Fueling The Engines Of Forwarding

Intel has jumped into networking with both feet and is looking to land on someone. Their work on the Data Plane Development Kit (DPDK) is helping developers write code that is highly portable across CPU architecture. We used to deal with specific microprocessors in unique configurations. A good example is Dynamips.

Most everyone is familiar with this program or the projects that spawned, Dynagen and GNS3. Dynamips worked at first because it emulated the MIPS processor found in Cisco 7200 routers. It just happened that the software used the same code for those routers all the way up to the first releases of the 15.x train. Dynamips allowed for the emulation of Cisco router software but it was very, very slow. It almost didn’t allow for packets to be processed. And most of the advanced switching features didn’t work at all thanks to ASICs.

Running networking code on generic x86 processors doesn’t provide the kinds of performance that you need in a network switching millions of packets per second. That’s why DPDK is helping developers accelerate their network packet forward to approach the levels of custom ASICs. This means that a company could write software for a switch using Intel CPUs as the base of the system and expect to get good performance out of it.

Not only can you write code that’s almost as good as the custom stuff network vendors are creating, but you can also have a relative assurance that the code will be portable. Look at the pfSense project. It can run on some very basic hardware. But the same code can also run on a Xeon if you happen to have one of those lying around. That performance boost means a lot more packet switching and processing. No modifications to the code needed. That’s a powerful way to make sure that your operating system doesn’t need radical modifications to work across a variety of platforms, from SMB and ROBO all the way to an enterprise core device.

Fighting The Good Fight

The other reason behind Intel’s drive to get DPDK to everyone is to fight off the advances of Broadcom. It used to be that the term merchant silicon meant using off-the-shelf parts instead of rolling your own chips. Now, it means “anything made by Broadcom that we bought instead of making”. Look at your favorite switching vendor and the odds are better than average that the chipset inside their most popular switches is a Broadcom Trident, Trident 2, or even a Tomahawk. Yes, even the Cisco Nexus 9000 runs on Broadcom.

Broadcom is working their way to the position of arms dealer to the networking world.

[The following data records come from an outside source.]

-- ===== src/Runtime/Text/Trim/Slice.antt =====
-- A part of a text (libs/runtime/src/kn_runtime.c, __kn_text_slice).
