-- ===== src/Runtime/Text/Trim/Trimmed.antt =====
-- What trimming leaves of a text (libs/runtime/src/kn_runtime.c, __kn_text_trim).
use kinal.Prelude.{
  ℕ, zero, suc, ◌+◌, ◌-◌, ◌^◌, ◌≤◌, ◌<◌, Bool, true, false, some, Bytes, length, get_or, take, drop,
  ltb, ◌==◌, ◌≡◌, refl, ap, ◌∙◌, arith, Bool-cases, inl, inr,
}
use kinal.Runtime.Text.{text}
use kinal.Runtime.Text.Replace.{slice_between}
use kinal.Runtime.Text.Trim.{is_blank, trim_begin, trim_end, text_trim}

-- `t` is `s` without the blanks at its ends.
pub record IsTrimmed (s t : Bytes) : Type 0 where
  pub from : ℕ
  pub to : ℕ
  pub order : from ≤ to
  pub within : to ≤ length s
  pub content : t ≡ take (to - from) (drop from s)
  pub front : (i : ℕ) → i < from → is_blank (get_or s i 0) ≡ true
  pub back : (i : ℕ) → to ≤ i → i < length s → is_blank (get_or s i 0) ≡ true
  pub first : from < to → is_blank (get_or s from 0) ≡ false
  pub last : from < to → is_blank (get_or s (to - 1) 0) ≡ false

record Begins (s : Bytes) (b : ℕ) : Type 0 where
  within : b ≤ length s
  front : (i : ℕ) → i < b → is_blank (get_or s i 0) ≡ true
  first : b < length s → is_blank (get_or s b 0) ≡ false

trim_begin-Begins :
    (n : ℕ) (s : Bytes) (b : ℕ)
    → length s - b ≤ n
    → b ≤ length s
    → ((i : ℕ) → i < b → is_blank (get_or s i 0) ≡ true)
    → Begins s (trim_begin n s b)
unfolding trim_begin
trim_begin-Begins zero s b h le v = record {
  within = le;
  front = v;
  first = λ lt. absurd (omega (arith, h, lt));
}
trim_begin-Begins (suc n) s b h le v = elim (Bool-cases (ltb b (length s))) [
  | inr e ↦ rw e (record { within = le; front = v; first = λ lt. absurd (ground (arith, e, lt)) })
  | inl e ↦ elim (Bool-cases (is_blank (get_or s b 0))) [
    | inr d ↦ rw e (rw d (record { within = le; front = v; first = λ lt. d }))
    | inl d ↦
        let lt : b < length s = ground (arith, e) in
        let more : (i : ℕ) → i < b + 1 → is_blank (get_or s i 0) ≡ true = λ i q.
          elim (Bool-cases (ltb i b)) [
            | inl w ↦ v i (ground (arith, w))
            | inr w ↦
                let at : i ≡ b = ground (arith, w, q) in ap (λ k. is_blank (get_or s k 0)) at ∙ d
          ] in
        rw e (rw d (trim_begin-Begins n s (b + 1) (omega (arith, h, lt)) (omega (arith, lt)) more))
  ]
]

record Ends (s : Bytes) (b e : ℕ) : Type 0 where
  order : b ≤ e
  within : e ≤ length s
  back : (i : ℕ) → e ≤ i → i < length s → is_blank (get_or s i 0) ≡ true
  last : b < e → is_blank (get_or s (e - 1) 0) ≡ false

trim_end-Ends :
    (s : Bytes) (b e : ℕ)
    → b ≤ e
    → e ≤ length s
    → ((i : ℕ) → e ≤ i → i < length s → is_blank (get_or s i 0) ≡ true)
    → Ends s b (trim_end s b e)
unfolding trim_end
trim_end-Ends s b zero le h v = record {
  order = le;
  within = h;
  back = v;
  last = λ lt. absurd (omega (arith, lt));
}
trim_end-Ends s b (suc e) le h v = elim (Bool-cases (ltb b (suc e))) [
  | inr q ↦
      rw q
        (record { order = le; within = h; back = v; last = λ lt. absurd (ground (arith, q, lt)) })
  | inl q ↦ elim (Bool-cases (is_blank (get_or s e 0))) [
    | inr d ↦
        let at : suc e - 1 ≡ e = omega arith in
        rw q (
          rw d (record {
            order = le;
            within = h;
            back = v;
            last = λ lt. ap (λ k. is_blank (get_or s k 0)) at ∙ d;
          }))
    | inl d ↦
        let lt : b ≤ e = ground (arith, q) in
        let more : (i : ℕ) → e ≤ i → i < length s → is_blank (get_or s i 0) ≡ true = λ i p r.
          elim (Bool-cases (i == e)) [
            | inl w ↦ let at : i ≡ e = ground (arith, w) in ap (λ k. is_blank (get_or s k 0)) at ∙ d
            | inr w ↦ v i (ground (arith, w, p)) r
          ] in
        rw q (rw d (trim_end-Ends s b e lt (omega (arith, h)) more))
  ]
]

-- With memory for more bytes than the text has, fewer than 2 ^ 62, trimming gives what is left of
-- the text without the blanks at its ends, which neither begins nor ends with a blank.
pub text_trim-IsTrimmed :
    (gc_alloc : ℕ → Bool) (most : ℕ)
    → ((n : ℕ) → n ≤ most → gc_alloc n ≡ true)
    → most < 2 ^ 62
    → (m : Bytes) → length (text (some m)) < most
    → (t : Bytes) × (text_trim gc_alloc (some m) ≡ some t) × IsTrimmed (text (some m)) t
unfolding text_trim
text_trim-IsTrimmed gc_alloc most plenty fits m h =
    let s = text (some m) in
    let b = trim_begin (length s) s 0 in
    let e = trim_end s b (length s) in
    let begins =
      trim_begin-Begins (length s) s 0 (omega arith) (omega arith)
        (λ i q. absurd (omega (arith, q))) in
    let ends =
      trim_end-Ends s b (length s) begins.within (omega arith)
        (λ i p q. absurd (omega (arith, p, q))) in
    (
      take (e - b) (drop b s),
      slice_between gc_alloc s (λ n q. plenty n (omega (arith, q, h))) (omega (arith, h, fits)) b e
          ends.order ends.within,
      record {
        from = b;
        to = e;
        order = ends.order;
        within = ends.within;
        content = refl;
        front = begins.front;
        back = ends.back;
        first = λ lt. begins.first (omega (arith, lt, ends.within));
        last = ends.last;
      },
    )
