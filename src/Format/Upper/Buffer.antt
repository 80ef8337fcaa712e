-- ===== src/Format/Upper/Buffer.antt =====
-- `ToUpper` of format.h beside `toupper` of one character.
use green_turtle.Base.{
  ℕ, zero, suc, ◌<◌, ◌≡◌, refl, ap, ◌∙◌, none, some, List, [], ◌∷◌, ◌++◌, map, arith, ltb,
  if◌then◌else◌, length, take, drop,
}
use green_turtle.Format.Upper.{bytes_of, toupper, upper_all, to_upper}
use green_turtle.Format.Upper.Words.{bytes_of-join, upper_word_lem}

upper_lt : (b : ℕ) → b < 256 → toupper b < 256
upper_lt b h = ground arith

abbrev pub AllBytes : List ℕ → Type 0
AllBytes [] = Unit
AllBytes (b ∷ bs) = (b < 256) × AllBytes bs

take-AllBytes : (n : ℕ) (bs : List ℕ) → AllBytes bs → AllBytes (take n bs)
take-AllBytes zero bs h = tt
take-AllBytes (suc n) [] h = tt
take-AllBytes (suc n) (b ∷ bs) h = (h.0, take-AllBytes n bs h.1)

upper_all-map : (bs : List ℕ) → AllBytes bs → upper_all bs ≡ map toupper bs
unfolding upper_all
upper_all-map [] h = refl
upper_all-map (a ∷ []) h = refl
upper_all-map (a ∷ b ∷ []) h = refl
upper_all-map (a ∷ b ∷ c ∷ []) h = refl
upper_all-map (a ∷ b ∷ c ∷ d ∷ rest) (ha, (hb, (hc, (hd, h)))) =
    ap (λ w. bytes_of w ++ upper_all rest) (upper_word_lem a b c d ha hb hc hd)
    ∙ ap (λ w. w ++ upper_all rest)
        (bytes_of-join (toupper a) (toupper b) (toupper c) (toupper d) (upper_lt a ha)
          (upper_lt b hb) (upper_lt c hc) (upper_lt d hd))
    ∙ ap (λ r. toupper a ∷ toupper b ∷ toupper c ∷ toupper d ∷ r) (upper_all-map rest h)

-- The first `len` characters of a buffer of bytes become what `toupper` makes of each, also in a
-- word with bytes from 128 on, and the one after them becomes 0; the rest stays. This needs a
-- buffer that is longer than `len`, and fails for every other.
pub to_upper_lem :
    (buffer : List ℕ) (len : ℕ)
    → AllBytes buffer
    → to_upper buffer len ≡ (
        if ltb len (length buffer)
        then some (map toupper (take len buffer) ++ (0 ∷ drop (suc len) buffer))
        else none)
unfolding to_upper
to_upper_lem buffer len bytes =
    rw (upper_all-map (take len buffer) (take-AllBytes len buffer bytes)) refl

It soon won’t matter what switch wins because they will all be the same. That’s part of the reason for the major differentiation in software recently. If you have the same engine powering all the switches, your performance is limited by that engine. You also have to find a way to make yourself stand out when everything on the market has the exact same packet forwarding specs.

Intel knows how powerful it is to become the arms dealer in a market. They own the desktop, laptop, and server market space. Their only real competition is AMD, and one could be forgiven for arguing that the only reason AMD hasn’t gone under yet is through a combination of video card sales and Intel making sure they won’t get in trouble for having a monopoly. But Intel also knows what it feels like to miss the boat on a chip transition. Intel missed the mobile device market, which is now ruled by ARM and custom SoC manufacturing. Intel needs to pull off a win in the networking space with DPDK to ensure that the switches running in the data center tomorrow are powered by x86, not Broadcom.

Tom’s Take

Intel’s on the right track to make some gains in networking. Their new Xeon chips with lots and lots of cores can do parallel processing of workloads. Their contributions to CoreOS will help the accelerate the adoption of containers, which are becoming a standard part of development. But the real value for Intel is helping developers create portable networking code that can be deployed on a variety of devices. That enables all kinds of new things to come, from system scaling to cloud deployment and beyond.